Tenstorrent Galaxy Blackhole: 23 PFLOPS from 32 Chips, No Disaggregation Needed

Tenstorrent is launching the Galaxy Blackhole server: a 6U unit packing 32 Blackhole chips, delivering 23 PFLOPS in Block FP8 with a unified prefill and decode architecture. EE Times tested it ahead of launch: 255 tokens per second per user in chatbot-style workloads, and up to 350 tokens/second in Blitz Mode for agentic inference workloads. Time to first token in Blitz Mode is under 4 seconds for DeepSeek-671B.

The no-disaggregation stance is a deliberate counter-positioning move. The dominant infrastructure trend for large-scale LLM inference is to split prefill and decode across separate hardware pools (often different accelerator types) because their compute profiles are fundamentally different. Tenstorrent is betting that scale-out with uniform Blackhole chips in Galaxy clusters can match or beat that efficiency without the operational complexity of heterogeneous disaggregated systems.

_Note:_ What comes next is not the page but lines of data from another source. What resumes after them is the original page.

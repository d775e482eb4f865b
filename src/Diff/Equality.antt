-- ===== src/Diff/Equality.antt =====
-- doover/src/utils/diff.rs: `python_json_eq` and the diff of a value with itself.
use doover_rs.Base.{
  ◌≡◌, refl, ap, String, Bool, true, false, none, some, arith, str_eq, eq_iff, Bool-cases,
  Option-cases, inl, inr, if◌then◌else◌,
}
use doover_rs.Base.Int.{pos, int_eq_refl}
use doover_rs.Json.{
  Value, Values, Map, null, bool, number, string, array, object, nil, cons, end, entry, get,
}
use doover_rs.Json.Keys.{IsUnique, AllUnique, IsUniqueMap}
use doover_rs.Diff.{
  Numbers, PyNum, int, float, numeric_value, numbers_eq, python_json_eq, zip_eq, entries_eq,
  diff_entries, mark_removed, generate_diff,
}
use doover_rs.Diff.Generated.{map_diff}

module _ {N : Type 0} where
  -- Every entry that `s` finds is found in `m`.
  abbrev Within : Map N → Map N → Type 0
  Within s m = (k : String) (v : Value N) → get k s ≡ some v → get k m ≡ some v

  Within-tail :
      (k : String) (v : Value N) (s m : Map N)
      → get k s ≡ none
      → Within (entry k v s) m
      → Within s m
  unfolding get
  Within-tail k v s m u h j w found = elim (Bool-cases (str_eq k j)) [
    | inl same ↦ let p : k ≡ j = (eq_iff k j).0 same in let q : get j s ≡ none = rw p at u in cc
    | inr other ↦ h j w (rw other found)
  ]

  Within-head : (k : String) (v : Value N) (s m : Map N) → Within (entry k v s) m → get k m ≡ some v
  Within-head k v s m h = h k v (unfold get in (rw ((eq_iff k k).1 refl)))

-- What the documentation of `serde_json::Number` says: every number reads as a finite float.
pub record FiniteNumbers (𝓝 : Numbers) : Type 0 where
  pub reads : (n : 𝓝.Number) → (f : 𝓝.F64) × (𝓝.as_f64 n ≡ some f)
  pub reflexive : (n : 𝓝.Number) (f : 𝓝.F64) → 𝓝.as_f64 n ≡ some f → 𝓝.f64_eq f f ≡ true

module _ (𝓝 : Numbers) (finite : FiniteNumbers 𝓝) where
  open 𝓝 use {Number, F64, as_i64, as_u64}

  number_value :
      (n : Number)
      → (x : PyNum F64) × (numeric_value 𝓝 (number n) ≡ some x) × (numbers_eq 𝓝 x x ≡ true)
  unfolding numeric_value numbers_eq
  number_value n = elim (Option-cases (as_i64 n)) [
    | inr (i, e) ↦ (int i, ground (arith, e), int_eq_refl i)
    | inl not_signed ↦ elim (Option-cases (as_u64 n)) [
      | inr (w, e) ↦ (int (pos w), ground (arith, e, not_signed), int_eq_refl (pos w))
      | inl not_unsigned ↦
          let (f, e) = finite.reads n in
          (float f, ground (arith, e, not_signed, not_unsigned), finite.reflexive n f e)
    ]
  ]

  number_refl : (n : Number) → python_json_eq 𝓝 (number n) (number n) ≡ true
  unfolding python_json_eq
  number_refl n = let (x, p, q) = number_value n in rw p q

  mutual
    unfolding python_json_eq

    eq_refl : (v : Value Number) → IsUnique v → python_json_eq 𝓝 v v ≡ true
    eq_refl null u = refl
    eq_refl (bool b) u = int_eq_refl (pos (if b then 1 else 0))
    eq_refl (number n) u = number_refl n
    eq_refl (string s) u = (eq_iff s s).1 refl
    eq_refl (array xs) u = ground (arith, zip_refl xs u)
    eq_refl (object m) u = ground (arith, entries_refl m m u (λ k v found. found))

    zip_refl : (xs : Values Number) → AllUnique xs → zip_eq 𝓝 xs xs ≡ true
    zip_refl nil u = refl
    zip_refl (cons x xs) u = rw (eq_refl x u.0) (zip_refl xs u.1)

    entries_refl : (s m : Map Number) → IsUniqueMap s → Within s m → entries_eq 𝓝 s m ≡ true
    entries_refl end m u h = refl
    entries_refl (entry k v s) m u h =
        rw (Within-head k v s m h, eq_refl v u.1) (entries_refl s m u.2 (Within-tail k v s m u.0 h))

  nothing_removed : (s m : Map Number) → IsUniqueMap s → Within s m → mark_removed 𝓝 s m end ≡ end
  unfolding mark_removed
  nothing_removed end m u h = refl
  nothing_removed (entry k v s) m u h =
      rw (Within-head k v s m h) (nothing_removed s m u.2 (Within-tail k v s m u.0 h))

  same_map :
      (o : Map Number) (d : Bool)
      → IsUniqueMap o
      → diff_entries 𝓝 o o d end ≡ end
      → map_diff 𝓝 o o d ≡ end
  same_map o true u e = rw e (nothing_removed o o u (λ k v found. found))
  same_map o false u e = e

  -- All entries of `s` stand in `m` unchanged.
  nothing_changed :
      (s m : Map Number) (d : Bool) → IsUniqueMap s → Within s m → diff_entries 𝓝 m s d end ≡ end
  unfolding diff_entries
  nothing_changed end m d u h = refl
  nothing_changed (entry k (object o) s) m d u h = rw (Within-head k (object o) s m h) (
      rw (same_map o d u.1 (nothing_changed o o d u.1 (λ j w found. found)))
        (nothing_changed s m d u.2 (Within-tail k (object o) s m u.0 h)))
  nothing_changed (entry k v s) m d u h =
      rw (Within-head k v s m h, eq_refl v u.1)
        (nothing_changed s m d u.2 (Within-tail k v s m u.0 h))

  -- The diff of an object with itself is empty, whether removals count or not, if no key occurs
  -- twice in it at any depth and every number reads as a finite float.
  pub generate_diff_self :
      (m : Map Number) (d : Bool)
      → IsUniqueMap m
      → generate_diff 𝓝 (object m) (object m) d ≡ object end
  unfolding generate_diff
  generate_diff_self m d u =
      ap object (same_map m d u (nothing_changed m m d u (λ k v found. found)))

  -- Python's equality holds between a value and itself, if no key occurs twice in it at any depth.
  pub python_json_eq_refl : (v : Value Number) → IsUnique v → python_json_eq 𝓝 v v ≡ true
  python_json_eq_refl v u = eq_refl v u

Jim Keller's framing ("we do something no one else does, where we can hook up a lot of medium-performance chips together") is honest about what the architecture actually is: a scaling play, not a single-chip performance play. That is a different risk profile than Nvidia (dominant single-chip perf) or custom silicon (domain-locked). Whether it holds up at hyperscaler workloads is unproven, but the token-throughput numbers EE Times independently validated are not marketing slides.

The real test will be whether typical clusters at 4-32 Galaxies can handle the memory bandwidth requirements of very large models. The Blackhole's on-chip memory and interconnect are the constraint that does not show up in PFLOPS metrics. Watch for enterprise adopters and the pricing story.